*ENTRIES SHOWN*.
-- ===== src/Tlshub.antt =====
-- capture/src/tlshub_client.c: the user-space client of the TLSHub kernel module.
pub mod Netlink
pub mod Wire
pub mod Client
pub mod Scripted
mod Tests
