-- ===== src/Tlshub/Tests.antt =====
-- The client on a scripted system, and the theorems about it at concrete inputs.
use tlshub_ebpf.Base.{
  ℕ, pos, ◌≡◌, refl, inl, inr, true, false, none, some, List, [], ◌∷◌, ◌++◌, Bytes, replicate,
  read_be16, arith, ap,
}
use tlshub_ebpf.Capture.{FlowTuple, TlsKeyInfo}
use tlshub_ebpf.Tlshub.Netlink.{Netlink, Recv, failed, received}
use tlshub_ebpf.Tlshub.Scripted.{Script, scripted}
use tlshub_ebpf.Tlshub.Wire.{service_start, init_msg, service_fetch, packet, tuple_msg}
use tlshub_ebpf.Tlshub.Wire.RoundTrip.{IsFlow, packet-tuple_msg, key_reply}
use tlshub_ebpf.Tlshub.Client.{
  Client, client_start, tlshub_client_init, tlshub_fetch_key, tlshub_handshake, recv_verdict,
  handshake_verdict, note_sender,
}
use tlshub_ebpf.Tlshub.Client.Fetch.{
  IsKeyInfo, Requested, fetch-key_reply, fetch_failed_recv, FetchEnds, fetch-FetchEnds,
}
use tlshub_ebpf.Tlshub.Client.Wait.{
  Skips, here, skip, Started, reused, fresh, succeeded, handshake_returns, handshake_hangs,
}
use tlshub_ebpf.Tlshub.Client.Init.{IsConsistent, init-IsConsistent, init_returns}

abbrev flow : FlowTuple
flow = record { saddr = 16777343; daddr = 33554559; sport = 40000; dport = 443 }

flow-IsFlow : IsFlow flow
flow-IsFlow = omega arith

packet-tuple_msg_example : read_be16 (packet 77 (tuple_msg service_fetch flow)) 24 ≡ 40000
packet-tuple_msg_example = (packet-tuple_msg 77 service_fetch flow (omega arith) flow-IsFlow).4

-- What `struct tls_key_info` on the caller's stack may hold before the call.
abbrev stale : TlsKeyInfo
stale = record { key = replicate 32 9; iv = replicate 16 9; key_len = 9; iv_len = 9 }

stale-IsKeyInfo : IsKeyInfo stale
stale-IsKeyInfo = omega arith

abbrev open_client : Client
open_client = record { netlink_sock = pos 3; dest_pid = 0; handshake_nlh = false }

abbrev holding : List Recv → Script
holding rs = record { inbox = rs; outbox = [] }

abbrev fetch_bytes : Bytes
fetch_bytes = packet 77 (tuple_msg service_fetch flow)

abbrev after_fetch : List Recv → Script
after_fetch rs = record { inbox = rs; outbox = fetch_bytes ∷ [] }

requested : (r : Recv) → Requested scripted flow open_client r (holding (r ∷ [])) (after_fetch [])
unfolding packet
requested r = record {
  is_open = refl;
  w1 = holding (r ∷ []);
  w2 = after_fetch (r ∷ []);
  sent = pos 32;
  granted = refl;
  sends = refl;
  kept = refl;
  receives = refl;
}

fetch-key_reply_example :
    (tlshub_fetch_key scripted
      (some flow)
      (some stale)
      open_client
      (holding (received 0 (key_reply 0 8 0 (replicate 32 5)) ∷ []))).result
    ≡ (
      pos 0,
      some (record { key = replicate 32 5; iv = replicate 16 0; key_len = 32; iv_len = 12 }),
    )
fetch-key_reply_example =
    ap (λ o. o.result)
      (fetch-key_reply scripted flow stale open_client _ (after_fetch []) 0 0 8 0 (replicate 32 5)
        stale-IsKeyInfo (omega arith) refl (requested _))

fetch_failed_recv_example :
    (tlshub_fetch_key scripted (some flow) (some stale) open_client (holding (failed ∷ []))).result
    ≡ (
      pos 0,
      some (record { key = replicate 32 0; iv = replicate 16 0; key_len = 32; iv_len = 12 }),
    )
fetch_failed_recv_example =
    fetch_failed_recv scripted flow stale open_client (holding (failed ∷ [])) (after_fetch [])
      stale-IsKeyInfo (requested failed)

fetch-FetchEnds_test :
    FetchEnds stale
      (tlshub_fetch_key scripted (some flow) (some stale) client_start (holding [])).result
fetch-FetchEnds_test = fetch-FetchEnds scripted flow stale client_start (holding [])

-- A message of the kernel module: a header, a type, and text.
abbrev message : ℕ → Recv
message ty = received 0 (replicate 16 0 ++ (ty ∷ []))

abbrev handshake_request : Bytes
handshake_request = packet 77 (tuple_msg service_start flow)

abbrev waiting_client : Client
waiting_client = record open_client { handshake_nlh = true }

abbrev shaken : List Recv → Script
shaken rs = record { inbox = rs; outbox = handshake_request ∷ [] }

started :
    (rs : List Recv) → Started scripted flow open_client (holding rs) waiting_client (shaken rs)
unfolding packet
started rs = fresh (pos 32) (holding rs) (shaken rs) refl refl refl refl refl

-- A log message comes first.
logged :
    Skips scripted handshake_verdict 1 waiting_client
      (shaken (message 4 ∷ message 2 ∷ []))
      waiting_client
      (shaken (message 2 ∷ []))
unfolding recv_verdict handshake_verdict note_sender
logged = skip (message 4) _ refl refl here

handshake_returns_example :
    tlshub_handshake scripted 5 (some flow) open_client (holding (message 4 ∷ message 2 ∷ []))
    ≡ some (record {
      result = pos 0;
      client = note_sender waiting_client (message 2);
      world = shaken [];
    })
handshake_returns_example =
    handshake_returns scripted flow 5 1 open_client waiting_client waiting_client _ _ _ _
      (message 2) (pos 0) (omega arith) (started (message 4 ∷ message 2 ∷ [])) logged refl
      (succeeded 0 0 _ (inr (inl refl)))

abbrev deaf : Netlink Script
deaf = record scripted { recvfrom = λ fd room s. (failed, s) }

deaf-Started : Started deaf flow waiting_client (holding []) waiting_client (shaken [])
unfolding packet
deaf-Started = reused (pos 32) (shaken []) refl refl refl refl

handshake_hangs_example : tlshub_handshake deaf 100 (some flow) waiting_client (holding []) ≡ none
handshake_hangs_example =
    handshake_hangs deaf flow 100 waiting_client waiting_client (holding []) (shaken [])
      deaf-Started (λ v. refl)

abbrev init_sent : List Recv → Script
init_sent rs = record { inbox = rs; outbox = packet 77 init_msg ∷ [] }

init_returns_example :
    tlshub_client_init scripted 3 client_start (holding (message 7 ∷ []))
    ≡ some (record { result = pos 0; client = open_client; world = init_sent [] })
unfolding packet
init_returns_example =
    init_returns scripted 3 0 client_start open_client (holding (message 7 ∷ [])) _ _ _
      (init_sent (message 7 ∷ [])) _ (init_sent []) (pos 3) (pos 0) (pos 32) 0 0 _ (omega arith)
      refl refl refl refl refl refl refl here refl refl

init-IsConsistent_test :
    IsConsistent (record { result = pos 0; client = open_client; world = init_sent [] })
init-IsConsistent_test =
    init-IsConsistent scripted 3 client_start (holding (message 7 ∷ [])) _ init_returns_example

*TASK*.
What is needed is a count of the lines in the data that contain the word "Skips"; please give it and no other words.

*RESULT*.
2